Kim’s long-term threat is even scarier. The biggest danger to American lives for decades to come will be proliferation of weapons of mass destruction and missiles that could fall into the hands of terrorists. On this score North Korea is far more of a menace. And as Rumsfeld has said, North Korea is “the world’s biggest proliferator of ballistic missiles.” Missile exports are thought to make up half of Pyongyang’s annual $1 billion in exports; much of this technology goes to terror-generating nations in the Middle East. Kim also could build as many as 100 nuclear weapons by 2009, notes one CIA analysis.

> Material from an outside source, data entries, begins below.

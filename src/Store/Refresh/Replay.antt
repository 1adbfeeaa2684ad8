-- ===== src/Store/Refresh/Replay.antt =====
-- A Refresh Token is used once, and not at all once its family is revoked.
use one_issuer.Base.{
  ℕ, suc, ◌≡◌, ◌≢◌, refl, sym, ap, ◌∙◌, inl, inr, Bool, true, false, not, ◌&&◌, some, List, [], ◌∷◌,
  ◌==◌, arith, find, any, any_of_find, none_of_find, is_some, Bool-cases,
}
use one_issuer.Errors.{Result}
use one_issuer.Text.{Bytes, str_eq}
use one_issuer.Text.Order.{str_eq→eq, str_eq_refl}
use one_issuer.Token.{
  RefreshFamily, RefreshGeneration, RefreshInput, RefreshAuthority, RefreshMinted, Response,
}
use one_issuer.Store.{Db, Conn, returned}
use one_issuer.Store.Transaction.{start_db}
use one_issuer.Store.Queries.{amend, is_unconsumed, consumed, clashes}
use one_issuer.Store.Refresh.{rotated, replacement, exchange_refresh_token}
use one_issuer.Store.Refresh.Authority.{LockedIn-Passed}
use one_issuer.Store.Refresh.Branches.{Exchanged}
use one_issuer.Store.Refresh.Ending.{exchange_refresh_token-Succeeded}
use one_issuer.Store.Refresh.Count.{NoClash, any-clashes-amend}
use one_issuer.Store.Refresh.Invariant.{IsRefreshStore, Keeps, start_db-keeps}

abbrev pub is_usable : Bytes → RefreshGeneration → Bool
is_usable hash r = str_eq r.token_hash hash && not (is_some r.consumed_at)

-- No stored generation with the hash is unconsumed.
abbrev pub IsSpent : Bytes → Db → Type 0
IsSpent hash db = any (is_usable hash) db.generations ≡ false

other_hash :
    (x r : RefreshGeneration) (hash : Bytes)
    → r.token_hash ≡ hash
    → str_eq r.token_hash x.token_hash ≡ false
    → str_eq x.token_hash hash ≡ false
other_hash x r hash same differs = elim (Bool-cases (str_eq x.token_hash hash)) [
  | inl eq ↦
      let both : r.token_hash ≡ x.token_hash = same ∙ sym (str_eq→eq x.token_hash hash eq) in
      absurd (ground (arith, ap (λ h. str_eq h x.token_hash) both, str_eq_refl x.token_hash))
  | inr other ↦ other
]

-- Those that a row does not clash with have another hash.
unusable_of_no_clash :
    (r : RefreshGeneration) (hash : Bytes) (rs : List RefreshGeneration)
    → r.token_hash ≡ hash
    → any (clashes r) rs ≡ false
    → any (is_usable hash) rs ≡ false
unusable_of_no_clash r hash [] same h = refl
unusable_of_no_clash r hash (x ∷ rs) same h = elim (Bool-cases (str_eq x.token_hash hash)) [
  | inl eq ↦
      let clash : str_eq x.token_hash r.token_hash ≡ true = ap (str_eq x.token_hash) same ∙ eq in
      absurd (ground arith)
  | inr other ↦ ground (arith, unusable_of_no_clash r hash rs same)
]

-- Once the one row with the hash is consumed, none is usable.
consume-unusable :
    (hash : Bytes) (id at : ℕ) (rs : List RefreshGeneration) (r : RefreshGeneration)
    → NoClash rs
    → find (λ r. r.id == id) rs ≡ some r
    → r.token_hash ≡ hash
    → any (is_usable hash) (amend (is_unconsumed id) (consumed at) rs) ≡ false
consume-unusable hash id at [] r apart found same = refl
consume-unusable hash id at (x ∷ rs) r (fresh, apart) found same = elim (Bool-cases (x.id == id)) [
  | inl this ↦
      let eq : x ≡ r = ground arith in
      let tail =
        unusable_of_no_clash x hash (amend (is_unconsumed id) (consumed at) rs)
          (ap (λ r. r.token_hash) eq ∙ same) (any-clashes-amend x id at rs ∙ fresh) in
      ground (arith, tail)
  | inr other ↦
      let stored = none_of_find (λ r. r.id == id) (clashes x) rs {a = r} (ground arith) fresh in
      let differs : str_eq r.token_hash x.token_hash ≡ false = ground (arith, stored) in
      let unlike = other_hash x r hash same differs in
      ground (arith, unlike, consume-unusable hash id at rs r apart (ground arith) same)
]

module _ (sha256 : Bytes → Bytes) (others : ℕ → Db → Db)
    (mint : ℕ → RefreshAuthority → Result RefreshMinted) where
  rotated-IsSpent :
      (n : ℕ) (db left : Db) (candidate : RefreshGeneration) (family : RefreshFamily)
      (input : RefreshInput) (response : Response)
      → Exchanged sha256 others mint n db left candidate family input (rotated response)
      → IsRefreshStore db
      → IsSpent input.token_hash left
  rotated-IsSpent n db left candidate family input response x h = elim x.did [
    | inr (at, consumed, revoked, answer) ↦ absurd (ground arith)
    | inl (unconsumed, issued) ↦
        let p = LockedIn-Passed db candidate family input x.l x.locked in
        let new = replacement x.l issued.minted in
        let id = x.l.presented.id in
        let fresh =
          sym (any-clashes-amend new id input.now db.generations) ∙ issued.writes.no_clash in
        let apart =
          none_of_find (λ r. r.id == id) (clashes new) db.generations p.generation_stored fresh in
        let unlike =
          other_hash new x.l.presented input.token_hash p.generation_hash (ground (arith, apart)) in
        let rest =
          consume-unusable input.token_hash id input.now db.generations x.l.presented h.no_clash
            p.generation_stored p.generation_hash in
        ap (λ db. any (is_usable input.token_hash) db.generations) (sym issued.writes.left_eq)
        ∙ ground (arith, unlike, rest)
  ]

  usable_of_rotated :
      (n : ℕ) (db left : Db) (candidate : RefreshGeneration) (family : RefreshFamily)
      (input : RefreshInput) (response : Response)
      → Exchanged sha256 others mint n db left candidate family input (rotated response)
      → any (is_usable input.token_hash) db.generations ≡ true
  usable_of_rotated n db left candidate family input response x = elim x.did [
    | inr (at, consumed, revoked, answer) ↦ absurd (ground arith)
    | inl (unconsumed, issued) ↦
        let p = LockedIn-Passed db candidate family input x.l x.locked in
        let same =
          ap (λ h. str_eq h input.token_hash) p.generation_hash ∙ str_eq_refl input.token_hash in
        any_of_find (λ r. r.id == x.l.presented.id) (is_usable input.token_hash) db.generations
          p.generation_stored (ground (arith, same))
  ]

  -- A Refresh Token of which no stored generation is unconsumed gets no tokens, if the other
  -- transactions do not bring it back.
  pub spent_never_exchanges :
      (input : RefreshInput) (c c' : Conn) (response : Response)
      → Keeps others (IsSpent input.token_hash)
      → IsSpent input.token_hash c.db
      → exchange_refresh_token sha256 others mint input c ≢ returned response c'
  spent_never_exchanges input c c' response keeps spent h =
      let s = exchange_refresh_token-Succeeded sha256 others mint input c h in
      let start = start_db others c.db (suc s.attempt) in
      let usable =
        usable_of_rotated s.attempt start c'.db s.candidate s.candidate_family input response
          s.exchanged in
      let unusable =
        start_db-keeps others (IsSpent input.token_hash) keeps c.db (suc s.attempt) spent in
      ground (arith, usable, unusable)

  -- A Refresh Token that ExchangeRefreshToken gave tokens for is spent.
  exchange_refresh_token-IsSpent :
      (input : RefreshInput) (c c' : Conn) (response : Response)
      → Keeps others IsRefreshStore
      → IsRefreshStore c.db
      → exchange_refresh_token sha256 others mint input c ≡ returned response c'
      → IsSpent input.token_hash c'.db
  exchange_refresh_token-IsSpent input c c' response keeps store h =
      let s = exchange_refresh_token-Succeeded sha256 others mint input c h in
      rotated-IsSpent s.attempt (start_db others c.db (suc s.attempt)) c'.db s.candidate
        s.candidate_family input response s.exchanged
        (start_db-keeps others IsRefreshStore keeps c.db (suc s.attempt) store)

  -- A Refresh Token gives tokens at most once: after ExchangeRefreshToken returned tokens for it,
  -- on tables that satisfy the invariant, no later call with the same hash returns any, whatever
  -- other transactions commit between the two and during them, provided that they keep the
  -- invariant and do not store the hash as unconsumed again.
  pub exchange_refresh_token_once :
      (first second : RefreshInput) (c c' d d' : Conn) (one two : Response)
      → Keeps others IsRefreshStore
      → Keeps others (IsSpent first.token_hash)
      → IsRefreshStore c.db
      → second.token_hash ≡ first.token_hash
      → exchange_refresh_token sha256 others mint first c ≡ returned one c'
      → (IsSpent first.token_hash c'.db → IsSpent first.token_hash d.db)
      → exchange_refresh_token sha256 others mint second d ≢ returned two d'
  exchange_refresh_token_once first second c c' d d' one two keeps keeps_spent store same h later =
      let spent = later (exchange_refresh_token-IsSpent first c c' one keeps store h) in
      spent_never_exchanges second d d' two (rw same keeps_spent) (rw same spent)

Then there is the threat of a destabilized Asia–the likeliest place for America to be drawn into a major war decades hence. Bush officials privately concede that North Korea appears only steps away from declaring itself a nuclear power. That in turn could provoke South Korea, already questioning America as an ally, to go nuclear, which could make Japan rethink its nonnuclear posture. Nothing is likelier to make China rush into an arms race–it is now only slowly building up its forces–than a nuclear-armed Japan. And long after Saddam is in his grave, China will be Washington’s biggest future strategic headache. Saddam, by contrast, is something of a spent force in the Muslim world.
U.S. officials still insist, publicly, that Saddam is more dangerous because of what one called “the combination of capability and intent.” They dismiss Kim as a blackmailer who only wants to extort more aid from the West. True, Saddam has already invaded his neighbors and used chemical weapons; Kim has been, so far, a homebody. But it’s a fool’s game to try to gauge the intent of two dictators as dotty as these. Kim is credited with ordering the slaughter of a South Korean delegation in Burma; the 1987 downing of a South Korean jet, killing 115, and the abduction of dozens of foreign nationals. He also runs the world’s most repressive gulag. And he is as desperate as Saddam. “North Korea is disintegrating fast,” former British foreign secretary Malcolm Rifkind wrote recently. “Desperate men are dangerous.” Indeed, Kim may be fomenting a crisis now because he’s running out of time.
All of which brings us back to the only useful criterion: capabilities. Both leaders have proved that they value no human life except their own. But Kim Jong Il can do more harm to more people more quickly and in more ways than Saddam Hussein.